======== INFORMATION PROVIDED

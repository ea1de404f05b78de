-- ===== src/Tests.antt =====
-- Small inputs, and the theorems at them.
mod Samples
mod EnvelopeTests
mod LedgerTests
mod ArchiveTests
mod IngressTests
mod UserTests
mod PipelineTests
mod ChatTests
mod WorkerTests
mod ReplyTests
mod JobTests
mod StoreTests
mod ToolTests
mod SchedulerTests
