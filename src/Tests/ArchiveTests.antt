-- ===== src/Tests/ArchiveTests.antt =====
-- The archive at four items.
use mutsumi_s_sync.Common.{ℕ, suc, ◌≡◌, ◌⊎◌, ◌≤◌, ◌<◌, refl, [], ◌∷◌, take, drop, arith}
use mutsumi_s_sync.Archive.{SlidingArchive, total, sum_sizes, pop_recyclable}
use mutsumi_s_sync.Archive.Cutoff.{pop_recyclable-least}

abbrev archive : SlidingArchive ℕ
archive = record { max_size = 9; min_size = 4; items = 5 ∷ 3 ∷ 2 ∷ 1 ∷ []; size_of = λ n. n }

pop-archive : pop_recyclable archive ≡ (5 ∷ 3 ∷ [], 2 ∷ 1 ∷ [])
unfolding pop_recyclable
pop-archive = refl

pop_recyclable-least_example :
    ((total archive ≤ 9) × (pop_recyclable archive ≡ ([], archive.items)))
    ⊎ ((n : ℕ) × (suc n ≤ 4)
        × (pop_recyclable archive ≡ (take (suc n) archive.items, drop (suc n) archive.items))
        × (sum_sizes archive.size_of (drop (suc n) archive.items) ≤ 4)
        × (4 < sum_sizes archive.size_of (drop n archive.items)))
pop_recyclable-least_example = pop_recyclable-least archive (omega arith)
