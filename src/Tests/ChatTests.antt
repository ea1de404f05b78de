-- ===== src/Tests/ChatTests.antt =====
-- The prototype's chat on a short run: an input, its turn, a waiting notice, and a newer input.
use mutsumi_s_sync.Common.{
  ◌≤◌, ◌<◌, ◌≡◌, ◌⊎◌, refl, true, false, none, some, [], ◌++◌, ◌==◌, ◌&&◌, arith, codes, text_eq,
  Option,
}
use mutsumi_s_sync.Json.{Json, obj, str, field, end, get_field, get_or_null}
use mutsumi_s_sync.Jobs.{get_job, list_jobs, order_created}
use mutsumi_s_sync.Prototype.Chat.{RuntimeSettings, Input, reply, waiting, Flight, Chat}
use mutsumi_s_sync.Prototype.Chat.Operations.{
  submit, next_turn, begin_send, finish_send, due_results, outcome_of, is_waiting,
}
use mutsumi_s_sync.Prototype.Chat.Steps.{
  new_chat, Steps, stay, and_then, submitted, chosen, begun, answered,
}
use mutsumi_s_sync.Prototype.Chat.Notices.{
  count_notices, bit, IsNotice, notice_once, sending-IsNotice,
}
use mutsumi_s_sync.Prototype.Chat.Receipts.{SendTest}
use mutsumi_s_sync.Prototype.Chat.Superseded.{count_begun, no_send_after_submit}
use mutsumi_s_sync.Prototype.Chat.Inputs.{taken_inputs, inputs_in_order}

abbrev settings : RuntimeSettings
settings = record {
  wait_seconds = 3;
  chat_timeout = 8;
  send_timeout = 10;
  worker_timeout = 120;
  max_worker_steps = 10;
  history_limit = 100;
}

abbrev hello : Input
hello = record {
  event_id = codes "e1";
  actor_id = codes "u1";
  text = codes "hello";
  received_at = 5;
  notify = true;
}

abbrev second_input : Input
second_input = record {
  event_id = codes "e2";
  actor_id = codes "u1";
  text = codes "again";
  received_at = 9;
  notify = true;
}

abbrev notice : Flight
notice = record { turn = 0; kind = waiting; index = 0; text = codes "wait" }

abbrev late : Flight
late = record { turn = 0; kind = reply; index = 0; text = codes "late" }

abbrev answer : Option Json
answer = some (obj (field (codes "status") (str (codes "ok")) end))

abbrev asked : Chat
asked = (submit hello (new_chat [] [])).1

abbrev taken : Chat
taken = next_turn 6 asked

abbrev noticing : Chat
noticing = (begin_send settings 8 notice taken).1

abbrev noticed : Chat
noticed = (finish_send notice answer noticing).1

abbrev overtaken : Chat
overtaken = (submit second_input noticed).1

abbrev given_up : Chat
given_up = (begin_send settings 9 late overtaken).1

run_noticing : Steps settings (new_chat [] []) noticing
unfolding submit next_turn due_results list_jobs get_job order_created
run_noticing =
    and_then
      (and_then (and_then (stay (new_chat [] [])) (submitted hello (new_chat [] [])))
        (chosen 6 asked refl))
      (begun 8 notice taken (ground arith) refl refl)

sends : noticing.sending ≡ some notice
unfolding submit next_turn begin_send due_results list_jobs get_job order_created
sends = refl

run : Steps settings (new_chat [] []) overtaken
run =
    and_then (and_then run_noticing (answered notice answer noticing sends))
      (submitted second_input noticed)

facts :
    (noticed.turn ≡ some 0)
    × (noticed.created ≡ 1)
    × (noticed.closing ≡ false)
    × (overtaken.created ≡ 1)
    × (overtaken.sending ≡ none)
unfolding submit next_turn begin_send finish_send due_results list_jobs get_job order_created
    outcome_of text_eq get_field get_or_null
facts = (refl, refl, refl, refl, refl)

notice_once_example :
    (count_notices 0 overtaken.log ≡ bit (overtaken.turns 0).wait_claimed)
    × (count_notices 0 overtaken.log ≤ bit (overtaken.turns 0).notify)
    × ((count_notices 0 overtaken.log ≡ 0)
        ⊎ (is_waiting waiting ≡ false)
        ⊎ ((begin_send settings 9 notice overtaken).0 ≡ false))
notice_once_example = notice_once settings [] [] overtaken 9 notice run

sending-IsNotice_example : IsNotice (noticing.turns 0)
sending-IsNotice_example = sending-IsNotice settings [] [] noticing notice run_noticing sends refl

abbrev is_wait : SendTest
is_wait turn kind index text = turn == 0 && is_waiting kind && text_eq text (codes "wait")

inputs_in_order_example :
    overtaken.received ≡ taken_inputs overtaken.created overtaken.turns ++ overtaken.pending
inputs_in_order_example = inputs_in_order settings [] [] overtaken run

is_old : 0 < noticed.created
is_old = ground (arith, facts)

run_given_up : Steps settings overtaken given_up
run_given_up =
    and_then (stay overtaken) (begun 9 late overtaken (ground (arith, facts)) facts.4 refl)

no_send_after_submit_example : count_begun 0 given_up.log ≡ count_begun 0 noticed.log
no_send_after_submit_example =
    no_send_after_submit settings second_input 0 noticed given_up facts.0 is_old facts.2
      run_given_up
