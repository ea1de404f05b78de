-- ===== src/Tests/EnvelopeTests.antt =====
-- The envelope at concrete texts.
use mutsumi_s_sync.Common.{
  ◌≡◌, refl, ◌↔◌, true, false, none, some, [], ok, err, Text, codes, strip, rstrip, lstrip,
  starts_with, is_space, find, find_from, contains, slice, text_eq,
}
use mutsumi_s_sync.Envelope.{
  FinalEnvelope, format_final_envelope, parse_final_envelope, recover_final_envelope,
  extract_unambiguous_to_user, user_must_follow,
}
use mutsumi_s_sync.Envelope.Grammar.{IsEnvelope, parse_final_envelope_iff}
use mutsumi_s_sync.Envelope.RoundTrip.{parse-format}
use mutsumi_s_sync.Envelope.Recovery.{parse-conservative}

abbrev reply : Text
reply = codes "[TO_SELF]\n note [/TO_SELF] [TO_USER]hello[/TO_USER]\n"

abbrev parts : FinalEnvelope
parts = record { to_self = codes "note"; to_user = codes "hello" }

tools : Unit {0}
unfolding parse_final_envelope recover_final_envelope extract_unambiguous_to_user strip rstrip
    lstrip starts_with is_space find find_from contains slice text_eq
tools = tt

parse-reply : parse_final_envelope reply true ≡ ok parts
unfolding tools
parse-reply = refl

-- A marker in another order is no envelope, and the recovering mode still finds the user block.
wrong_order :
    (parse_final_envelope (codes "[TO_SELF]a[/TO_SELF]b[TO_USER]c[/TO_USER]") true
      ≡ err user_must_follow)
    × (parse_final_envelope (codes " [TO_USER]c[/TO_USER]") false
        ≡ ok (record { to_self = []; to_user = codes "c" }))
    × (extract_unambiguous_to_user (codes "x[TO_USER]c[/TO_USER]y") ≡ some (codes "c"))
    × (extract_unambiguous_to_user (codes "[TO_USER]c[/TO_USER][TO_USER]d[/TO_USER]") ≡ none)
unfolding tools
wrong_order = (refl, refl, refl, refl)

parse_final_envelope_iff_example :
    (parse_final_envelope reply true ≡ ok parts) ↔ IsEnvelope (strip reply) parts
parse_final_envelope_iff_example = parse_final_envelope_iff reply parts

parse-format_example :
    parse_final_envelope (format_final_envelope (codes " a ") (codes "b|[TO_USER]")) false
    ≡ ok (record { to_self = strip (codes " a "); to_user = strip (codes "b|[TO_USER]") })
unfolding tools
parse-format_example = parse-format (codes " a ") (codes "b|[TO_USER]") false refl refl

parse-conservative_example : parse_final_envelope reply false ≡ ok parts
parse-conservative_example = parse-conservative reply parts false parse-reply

================

- TASK TO CARRY OUT -
Look through the data above and return exactly the lines from the one that contains "abbrev parts : FinalEnvelope" to the one that contains "to_self = [];", inclusive, with nothing else.

- PROBLEM SOLUTION -
abbrev parts : FinalEnvelope
parts = record { to_self = codes "note"; to_user = codes "hello" }

tools : Unit {0}
unfolding parse_final_envelope recover_final_envelope extract_unambiguous_to_user strip rstrip
    lstrip starts_with is_space find find_from contains slice text_eq
tools = tt

parse-reply : parse_final_envelope reply true ≡ ok parts
unfolding tools
parse-reply = refl

-- A marker in another order is no envelope, and the recovering mode still finds the user block.
wrong_order :
    (parse_final_envelope (codes "[TO_SELF]a[/TO_SELF]b[TO_USER]c[/TO_USER]") true
      ≡ err user_must_follow)
    × (parse_final_envelope (codes " [TO_USER]c[/TO_USER]") false
        ≡ ok (record { to_self = []; to_user = codes "c" }))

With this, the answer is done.